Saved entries
┌──

-- ===== src/Base/Table.antt =====
-- A `std::unordered_map` from strings, as a list of its entries, and the laws of its operations.
use acatl.Base.{
  true, false, Bytes, List, [], ◌∷◌, Option, none, some, ◌≡◌, refl, sym, ap, ◌∙◌, inl, inr,
  if◌then◌else◌, bytes_eq, bytes_eq_self, bytes_eq_sound, Bool-cases,
}

abbrev pub Table {ℓ} : Type ℓ → Type ℓ
Table V = List (Bytes × V)

unfoldable pub find {ℓ} : {V : Type ℓ} → Bytes → Table V → Option V
find key [] = none
find key ((k, v) ∷ m) = if bytes_eq k key then some v else find key m

-- `m[key] = v`.
unfoldable pub put {ℓ} : {V : Type ℓ} → Bytes → V → Table V → Table V
put key v [] = (key, v) ∷ []
put key v ((k, w) ∷ m) =
    let rest = put key v m in if bytes_eq k key then (k, v) ∷ m else (k, w) ∷ rest

-- `insert`, which leaves an entry that is there.
unfoldable pub insert {ℓ} : {V : Type ℓ} → Bytes → V → Table V → Table V
insert key v [] = (key, v) ∷ []
insert key v ((k, w) ∷ m) =
    let rest = insert key v m in if bytes_eq k key then (k, w) ∷ m else (k, w) ∷ rest

unfoldable pub erase {ℓ} : {V : Type ℓ} → Bytes → Table V → Table V
erase key [] = []
erase key ((k, w) ∷ m) = let rest = erase key m in if bytes_eq k key then rest else (k, w) ∷ rest

other_key :
    (k key other : Bytes)
    → bytes_eq k key ≡ true
    → bytes_eq key other ≡ false
    → bytes_eq k other ≡ false
other_key k key other t f = ap (λ x. bytes_eq x other) (bytes_eq_sound k key t) ∙ f

module _ {ℓ} {V : Type ℓ} where
  find_head :
      (k key : Bytes) (v : V) (m : Table V) → bytes_eq k key ≡ true → find key ((k, v) ∷ m) ≡ some v
  unfolding find
  find_head k key v m h = rw h refl

  find_tail :
      (k key : Bytes) (v : V) (m : Table V)
      → bytes_eq k key ≡ false
      → find key ((k, v) ∷ m) ≡ find key m
  unfolding find
  find_tail k key v m h = rw h refl

  pub find-put_same : (key : Bytes) (v : V) (m : Table V) → find key (put key v m) ≡ some v
  unfolding put
  find-put_same key v [] = find_head key key v [] (bytes_eq_self key)
  find-put_same key v ((k, w) ∷ m) = elim (Bool-cases (bytes_eq k key)) [
    | inl t ↦ rw t (find_head k key v m t)
    | inr f ↦ rw f (find_tail k key w (put key v m) f ∙ find-put_same key v m)
  ]

  pub find-insert_kept :
      (key : Bytes) (v w : V) (m : Table V)
      → find key m ≡ some w
      → find key (insert key v m) ≡ some w
  unfolding insert find
  find-insert_kept key v w [] h = cc
  find-insert_kept key v w ((k, u) ∷ m) h = elim (Bool-cases (bytes_eq k key)) [
    | inl t ↦ rw t (find_head k key u m t ∙ sym (find_head k key u m t) ∙ h)
    | inr f ↦ rw f (
        find_tail k key u (insert key v m) f
        ∙ find-insert_kept key v w m (sym (find_tail k key u m f) ∙ h))
  ]

  pub find-insert_new :
      (key : Bytes) (v : V) (m : Table V) → find key m ≡ none → find key (insert key v m) ≡ some v
  unfolding insert
  find-insert_new key v [] h = find_head key key v [] (bytes_eq_self key)
  find-insert_new key v ((k, u) ∷ m) h = elim (Bool-cases (bytes_eq k key)) [
    | inl t ↦ let bad : some u ≡ none = sym (find_head k key u m t) ∙ h in cc
    | inr f ↦ rw f (
        find_tail k key u (insert key v m) f
        ∙ find-insert_new key v m (sym (find_tail k key u m f) ∙ h))
  ]

  pub find-erase_same : (key : Bytes) (m : Table V) → find key (erase key m) ≡ none
  unfolding erase
  find-erase_same key [] = unfold find in refl
  find-erase_same key ((k, w) ∷ m) = elim (Bool-cases (bytes_eq k key)) [
    | inl t ↦ rw t (find-erase_same key m)
    | inr f ↦ rw f (find_tail k key w (erase key m) f ∙ find-erase_same key m)
  ]

  find_same_head :
      (k key : Bytes) (v : V) (m n : Table V)
      → find key m ≡ find key n
      → find key ((k, v) ∷ m) ≡ find key ((k, v) ∷ n)
  unfolding find
  find_same_head k key v m n h = elim (Bool-cases (bytes_eq k key)) [
    | inl t ↦ rw t refl
    | inr f ↦ rw f h
  ]

  pub find-put_other :
      (key other : Bytes) (v : V) (m : Table V)
      → bytes_eq key other ≡ false
      → find other (put key v m) ≡ find other m
  unfolding put
  find-put_other key other v [] h = find_tail key other v [] h
  find-put_other key other v ((k, w) ∷ m) h = elim (Bool-cases (bytes_eq k key)) [
    | inl t ↦ rw t (
        find_tail k other v m (other_key k key other t h)
        ∙ sym (find_tail k other w m (other_key k key other t h)))
    | inr f ↦ rw f (find_same_head k other w (put key v m) m (find-put_other key other v m h))
  ]

  pub find-erase_other :
      (key other : Bytes) (m : Table V)
      → bytes_eq key other ≡ false
      → find other (erase key m) ≡ find other m
  unfolding erase
  find-erase_other key other [] h = refl
  find-erase_other key other ((k, w) ∷ m) h = elim (Bool-cases (bytes_eq k key)) [
    | inl t ↦
        rw t
          (find-erase_other key other m h ∙ sym (find_tail k other w m (other_key k key other t h)))
    | inr f ↦ rw f (find_same_head k other w (erase key m) m (find-erase_other key other m h))
  ]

└──

If a line comes after the one that contains "unfoldable pub put", leave it out; return every line of the entries up to that point exactly, starting with the first, with that line included.

Final answer:
-- ===== src/Base/Table.antt =====
-- A `std::unordered_map` from strings, as a list of its entries, and the laws of its operations.
use acatl.Base.{
  true, false, Bytes, List, [], ◌∷◌, Option, none, some, ◌≡◌, refl, sym, ap, ◌∙◌, inl, inr,
  if◌then◌else◌, bytes_eq, bytes_eq_self, bytes_eq_sound, Bool-cases,
}

abbrev pub Table {ℓ} : Type ℓ → Type ℓ
Table V = List (Bytes × V)

unfoldable pub find {ℓ} : {V : Type ℓ} → Bytes → Table V → Option V
find key [] = none
find key ((k, v) ∷ m) = if bytes_eq k key then some v else find key m

-- `m[key] = v`.
unfoldable pub put {ℓ} : {V : Type ℓ} → Bytes → V → Table V → Table V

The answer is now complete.